AT&T Says It May Soon Charge You Extra for Privacy - phr4ts
http://www.dslreports.com/shownews/ATT-Says-It-May-Soon-Charge-You-Extra-For-Privacy-139840
======
wand3r
Cable & Mobile Business Plan

\---

\- Use taxpayer money to build network

\- demand to be a monopoly

\- make gov. also install infrastructure on all public projects

\- underinvest in infrastructure and simply degrade service as needed

\- create extremely complex billing and cost structure

\- (if cable company) also sell advertising and charge networks

\- aggregate customer data. Ignore above point, if not cable company inject
tracking directly. Make huge profit, pay slightly >1 million as a joke after
caught.

\- destroy net neutrality and charge on both sides of equation

\- spy on your customers and leverage the data for profit directly and sell it
on open market

\- if user is privacy centric, do same as above but charge more

So in summary, charge 4 different entities for the same single service and
include extra fees to everyone for the service you already sold them. It would
be like if you were a fruit salesman.

\- government subsidizes farm

\- charge farmer to sell fruit

\- eliminate all competing fruit stands

\- sell fruit for profit

\- charge extra for providing 4 bananas to someone who bought 4 bananas

\- charge extra for unspoiled fruit without insects

------
temp9876789
Why isn't this a violation of 18 U.S. Code § 2511 - Interception and
disclosure of wire, oral, or electronic communications prohibited

[https://www.law.cornell.edu/uscode/text/18/2511](https://www.law.cornell.edu/uscode/text/18/2511)
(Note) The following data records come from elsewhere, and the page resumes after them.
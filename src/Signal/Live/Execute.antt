-- ===== src/Signal/Live/Execute.antt =====
-- How services/signal-rl/marga_signal_rl/live_controller.py sends a recorded decision.
use marga.Prelude.{
  ℕ, ◌+◌, ◌%◌, String, Bool, true, false, ◌||◌, Option, none, some, List, [], ◌∷◌, if◌then◌else◌,
  ◌==◌, string_eq, nat_eq,
}
use mathlib.Core.List.{reverse}
use marga.Prelude.Dict
use marga.Prelude.Dict.{Dict}
use marga.Signal.State.{SignalAction, hold, is_next_phase, action_extension_s}
use marga.Signal.Live.{
  no_topology, unknown_decision, Result, ok, raises, ◌>>=◌, is_some, SignalJunctionTopology, Graph,
  Policy, phase_index, duration_s, Command, Executor, run_executor, no_executor, raised, refused,
  Failure, SignalControlDecision, Controller,
}
use marga.Signal.Live.Decide.{state, recommend}

-- `_adapter_command`
unfoldable pub adapter_command :
    Graph → SignalJunctionTopology → SignalControlDecision → Controller → Result Command
unfolding state action_extension_s
adapter_command graph t d c = state graph t.junction_id c >>= λ obs. ok (record {
  signal_id = t.signal_id;
  action = d.effective_action;
  setting =
      if is_next_phase d.effective_action
      then phase_index ((obs.phase_index + 1) % t.phase_count)
      else duration_s (obs.phase_remaining_s + action_extension_s d.effective_action);
})

-- What a call leaves, the command that it sent, and what it returns.
abbrev pub Outcome : Type 0
Outcome = Controller × Option Command × Result SignalControlDecision

abbrev pub is_hold : SignalAction → Bool
is_hold hold = true
is_hold _ = false

-- Whether a decision has been applied or has failed.
abbrev pub is_settled : SignalControlDecision → Bool
is_settled d = d.applied || is_some d.application_error

unfoldable pub settle : ℕ → SignalControlDecision → Option Command → Controller → Outcome
unfolding Dict.put
settle i d sent c = (record c { decisions = Dict.put i d c.decisions }, sent, ok d)

abbrev pub succeed : SignalControlDecision → SignalControlDecision
succeed d = record d { applied = true }

abbrev pub fail : Failure → SignalControlDecision → SignalControlDecision
fail failure d = record d { application_error = some failure }

unfoldable pub send : ℕ → SignalControlDecision → Executor → Result Command → Controller → Outcome
unfolding settle
send i d executor (raises e) c = settle i (fail (raised e) d) none c
send i d executor (ok command) c = elim (run_executor executor command) [
  | none ↦ settle i (succeed d) (some command) c
  | some text ↦ settle i (fail (refused text) d) (some command) c
]

unfoldable pub execute : Graph → ℕ → SignalControlDecision → Option Executor → Controller → Outcome
unfolding settle send adapter_command Dict.get
execute graph i d none c = settle i (fail no_executor d) none c
execute graph i d (some executor) c = elim (Dict.get d.junction_id c.topologies) [
  | none ↦ (c, none, raises no_topology)
  | some t ↦ send i d executor (adapter_command graph t d c) c
]

unfoldable pub apply : Graph → ℕ → Controller → Outcome
unfolding settle execute Dict.get
apply graph i c = elim (Dict.get i c.decisions) [
  | none ↦ (c, none, raises unknown_decision)
  | some d ↦
      if is_settled d
      then (c, none, ok d)
      else if is_hold d.effective_action
      then settle i (succeed d) none c
      else execute graph i d c.executor c
]

abbrev pub applied_after : Graph → Controller × Result SignalControlDecision → Outcome
applied_after graph (c, raises e) = (c, none, raises e)
applied_after graph (c, ok d) = apply graph d.decision_id c

unfoldable pub decide_and_apply : Graph → Policy → ℕ → String → Controller → Outcome
unfolding recommend apply
decide_and_apply graph policy i j c = applied_after graph (recommend graph policy i j none c)

-- `latest_decision` goes back through the log; `raises` stands for the KeyError of a missing entry.
unfoldable pub last_of :
    String → List ℕ → Dict ℕ SignalControlDecision → Result (Option SignalControlDecision)
unfolding Dict.get
last_of j [] decisions = ok none
last_of j (i ∷ older) decisions =
    let rest = last_of j older decisions in
    elim (Dict.get i decisions) [
      | none ↦ raises unknown_decision
      | some d ↦ if d.junction_id == j then ok (some d) else rest
    ]

unfoldable pub latest_decision : String → Controller → Result (Option SignalControlDecision)
unfolding last_of
latest_decision j c = last_of j (reverse c.decision_order) c.decisions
"except that a provider of wire communication service to the public shall not
utilize service observing or random monitoring except for mechanical or
service quality control checks."

------
DarkKomunalec
It's not "AT&T" doing this. It's their executives and shareholders - people
with names and addresses. Don't pressure AT&T to change, you will never
succeed - pressure it's key people. Do not let them hide behind their
corporation.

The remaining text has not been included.